• Supplied entries:
-- ===== src/Proto/Pictures.antt =====
-- How `prot_com_in` of server/proto.c reads the bands of a picture that `s3d_load_texture` sends.
use s3d.Proto.Bands.{pixels-read, dist, step_fits, linestep_pos, area, area_pos, lines_at-cases}
use mathlib.Core.Path.{subst}
use s3d.Base.{
  ℕ, zero, suc, ◌+◌, ◌-◌, ◌*◌, ◌^◌, ◌≤◌, ◌<◌, ◌≡◌, refl, sym, ap₂, ◌∙◌, arith, true, false,
  Bool-cases, inl, inr, ltb→lt, some, List, [], ◌∷◌, ◌++◌, length, ltb, ◌==◌, take, drop,
  length-take, length-drop, take-append-drop,
}
use s3d.Client.{Packet}
use s3d.Client.Whole.{drop-plus}
use s3d.Client.Picture.{linestep, band, bands, s3d_load_texture}
use s3d.Object.Request.{Request}
use s3d.Proto.{Command, decode, decode_object, decode_push, decode_pep, decode_load}

-- what the server reads from the packets of a client
unfoldable pub read_all : List Packet → List Command
read_all [] = []
read_all (p ∷ ps) = decode true p.0 p.1 ∷ read_all ps

-- The commands draw the picture from line `y` on, one band of lines below the other.
abbrev pub Covers : ℕ → ℕ → ℕ → ℕ → ℕ → List ℕ → List Command → Type 0
Covers object tex x w y image [] = image ≡ []
Covers object tex x w y image (c ∷ cs) =
    (lines : ℕ) × (pix : List ℕ) × (below : List ℕ) × (c
      ≡ Command.on_data (Request.load_tex object tex x y w lines pix))
    × (length pix ≡ w * lines * 4)
    × (image ≡ pix ++ below)
    × Covers object tex x w (y + lines) below cs

nil_of : (xs : List ℕ) → length xs ≡ 0 → xs ≡ []
nil_of [] e = refl
nil_of (x ∷ xs) e = absurd (omega arith)

bands-past :
    (object tex x y w h step : ℕ) (image : List ℕ) (rounds i : ℕ)
    → h ≤ i
    → bands object tex x y w h step image rounds i ≡ []
unfolding bands
bands-past object tex x y w h step image zero i e = refl
bands-past object tex x y w h step image (suc rounds) i e = ground arith

module _ (object tex x y w h step : ℕ) (image : List ℕ) (ho : object < 2 ^ 32) (ht : tex < 2 ^ 32)
    (hx : x < 2 ^ 16) (hw : 0 < w × w < 2 ^ 16) (hy : y + h ≤ 2 ^ 16) (hh : h < 2 ^ 16)
    (hs : 0 < step × step * w * 4 ≤ 65514) (len : length image ≡ h * w * 4) where
  -- the rest of the picture behind its last line
  behind : (i : ℕ) → h ≤ i → drop (i * w * 4) image ≡ []
  behind i e =
      nil_of (drop (i * w * 4) image)
        (grind (arith, length-drop (i * w * 4) image, dist h (i - h) w))

  length-part :
      (i lines : ℕ)
      → i + lines ≤ h
      → length (take (lines * w * 4) (drop (i * w * 4) image)) ≡ lines * w * 4
  length-part i lines e = grind (
    arith,
    length-take (lines * w * 4) (drop (i * w * 4) image),
    length-drop (i * w * 4) image,
    dist i lines w,
    dist (i + lines) (h - i - lines) w,
  )

  band-read :
      (i lines : ℕ)
      → i + lines ≤ h
      → 0 < lines
      → lines ≤ step
      → decode true (band object tex x y w lines image i).0 (band object tex x y w lines image i).1
        ≡ Command.on_data (
            Request.load_tex object tex x
              (y + i)
              w
              lines
              (take (lines * w * 4) (drop (i * w * 4) image)))
  unfolding band decode decode_object decode_push decode_pep decode_load
  band-read i lines a b c =
      pixels-read object tex x (y + i) w lines (take (lines * w * 4) (drop (i * w * 4) image)) ho ht
        hx (omega arith) hw.1 (omega arith) (rw (length-part i lines a) (area_pos lines w b hw.0))
        (rw (length-part i lines a) (grind (arith, dist lines (step - lines) w)))
        (area lines w ∙ sym (length-part i lines a))

  -- one band in front of what the other bands cover
  below :
      (i lines : ℕ) (cs : List Command)
      → i + lines ≤ h
      → 0 < lines
      → lines ≤ step
      → Covers object tex x w (y + (i + lines)) (drop ((i + lines) * w * 4) image) cs
      → Covers object tex x w (y + i) (drop (i * w * 4) image) (
          decode true
            (band object tex x y w lines image i).0
            (band object tex x y w lines image i).1
          ∷ cs)
  below i lines cs a b c rest = (
    lines,
    take (lines * w * 4) (drop (i * w * 4) image),
    drop (lines * w * 4) (drop (i * w * 4) image),
    band-read i lines a b c,
    length-part i lines a ∙ sym (area lines w),
    sym (take-append-drop (lines * w * 4) (drop (i * w * 4) image)),
    subst2 (omega arith)
        (sym (drop-plus (i * w * 4) (lines * w * 4) ((i + lines) * w * 4) image (dist i lines w)))
        rest,
  )
    where
      subst2 :
          {a b : ℕ} {p q : List ℕ}
          → a ≡ b
          → p ≡ q
          → Covers object tex x w a p cs
          → Covers object tex x w b q cs
      subst2 e f k =
          subst (λ (r : ℕ × List ℕ). Covers object tex x w r.0 r.1 cs) (ap₂ (λ u v. (u, v)) e f) k

  covers :
      (rounds i : ℕ)
      → h ≤ i + rounds
      → Covers object tex x w
          (y + i)
          (drop (i * w * 4) image)
          (read_all (bands object tex x y w h step image rounds i))
  unfolding bands read_all
  covers zero i e = behind i (omega arith)
  covers (suc rounds) i e = elim (Bool-cases (ltb i h)) [
    | inl c ↦
        let lt = ltb→lt i h c in
        rw c (elim (lines_at-cases step h i lt) [
          | inl (l, k) ↦ rw l (
              below i step (read_all (bands object tex x y w h step image rounds (i + step))) k hs.0
                (omega arith) (covers rounds (i + step) (omega arith)))
          | inr (l, k) ↦
              rw (l, bands-past object tex x y w h step image rounds (i + step) k)
                (below i (h - i) [] (omega arith) (ground arith) (omega arith)
                  (behind (i + (h - i)) (omega arith)))
        ])
    | inr c ↦ rw c (behind i (ground arith))
  ]

-- The server reads from the packets of `s3d_load_texture`, when the picture is not in shared memory,
-- commands that draw the whole picture, one band of lines below the other, if a line has a pixel at
-- least and fits into a packet, if the picture has fewer than 2 ^ 16 lines and ends within 2 ^ 16
-- lines, if the ids have 32 bits and `x` 16, and if `image` has `h` lines of `w` pixels.
pub load_texture-Covers :
    (object tex x y w h : ℕ) (image : List ℕ)
    → object < 2 ^ 32
    → tex < 2 ^ 32
    → x < 2 ^ 16
    → 0 < w
    → w ≤ 16378
    → y + h ≤ 2 ^ 16
    → h < 2 ^ 16
    → length image ≡ h * w * 4
    → (ps : List Packet) × (s3d_load_texture false object tex x y w h image ≡ some ps)
      × Covers object tex x w y image (read_all ps)
unfolding s3d_load_texture
load_texture-Covers object tex x y w h image ho ht hx w0 w1 hy hh len =
    let same : y + 0 ≡ y = omega arith in
    let no_rows : 0 * w * 4 ≡ 0 = omega arith in
    let step_pos : 0 < linestep w = linestep_pos w w0 w1 in
    let n : (linestep w == 0) ≡ false = ground arith in
    let all =
      covers object tex x y w h (linestep w) image ho ht hx (w0, omega arith) hy hh
        (step_pos, step_fits w) len h 0 (omega arith) in
    (
      bands object tex x y w h (linestep w) image h 0,
      rw n refl,
      subst
          (λ (r : ℕ × ℕ).
            Covers object tex x w r.0 (drop r.1 image)
              (read_all (bands object tex x y w h (linestep w) image h 0)))
          (ap₂ (λ u v. (u, v)) same no_rows) all,
    )
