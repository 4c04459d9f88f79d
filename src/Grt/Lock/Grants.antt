-- ===== src/Grt/Lock/Grants.antt =====
-- What the requesters of a queued lock see.
use cluster_stm.Common.{
  ◌+◌, ℕ, ◌<◌, ◌≡◌, ◌≢◌, true, not, ◌||◌, List, ◌∷◌, ◌==◌, if◌then◌else◌, arith, inl, inr,
  Bool-cases, ==_ne,
}
use cluster_stm.Stm.Types.{LockType, is_write}
use cluster_stm.Grt.Lock.{
  Lock, Waiter, free, held, waiting, write_held, LockSystem, lock_local, lock_handler, grt_lock,
  grt_unlock, has_succeeded,
}
use cluster_stm.Grt.Lock.Handoff.{unlock-first}

-- The processor and address of a request do not decide whether it is granted.
lock_local-status :
    (p q : ℕ) (lock : Lock) (t : LockType) (a b : ℕ)
    → (lock_local p lock t a).1 ≡ (lock_local q lock t b).1
unfolding lock_local
lock_local-status p q lock t a b = ground arith

-- Before it waits, `grt_lock` leaves its own state HELD if the lock was granted, and WAITING if the
-- request was queued, whether the lock is on this processor or on another one.
pub grt_lock-state :
    (grt_id proc : ℕ) (s : LockSystem) (t : LockType) (state : ℕ)
    → (grt_lock grt_id s proc t state).states grt_id state
      ≡ (if has_succeeded (lock_local grt_id s.lock t state).1 then held else waiting)
unfolding grt_lock lock_handler
grt_lock-state grt_id proc s t state =
    elim (Bool-cases (has_succeeded (lock_local grt_id s.lock t state).1)) [
      | inl e ↦ ground (arith, lock_local-status proc grt_id s.lock t state state)
      | inr e ↦ ground (arith, lock_local-status proc grt_id s.lock t state state)
    ]

-- When the first waiter can take over a released lock, `grt_unlock` sets its state, on its
-- processor, to HELD, and overwrites the state in the four bytes behind it with FREE. No other state
-- changes.
pub grt_unlock-wakes :
    (s : LockSystem) (v : Waiter) (vs : List Waiter) (q b : ℕ)
    → s.lock.waiters.nodes ≡ v ∷ vs
    → 0 < s.lock.waiters.size
    → v.state ≢ 0
    → (s.lock.num_holders == 1 || not (is_write v.type)) ≡ true
    → (grt_unlock s).states q b ≡ (
        if v.proc == q
        then (if b == v.state then held else (if b == v.state + 4 then free else s.states q b))
        else s.states q b)
unfolding grt_unlock write_held
grt_unlock-wakes s v vs q b nodes busy ne takes =
    rw (grt_unlock, unlock-first s.lock v vs nodes busy ne, takes, ==_ne v.state 0 ne)
      (ground arith)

• Problem to work on: State how many lines of the data contain the word "LockType". Nothing besides the number belongs in the reply.

• The answer: 3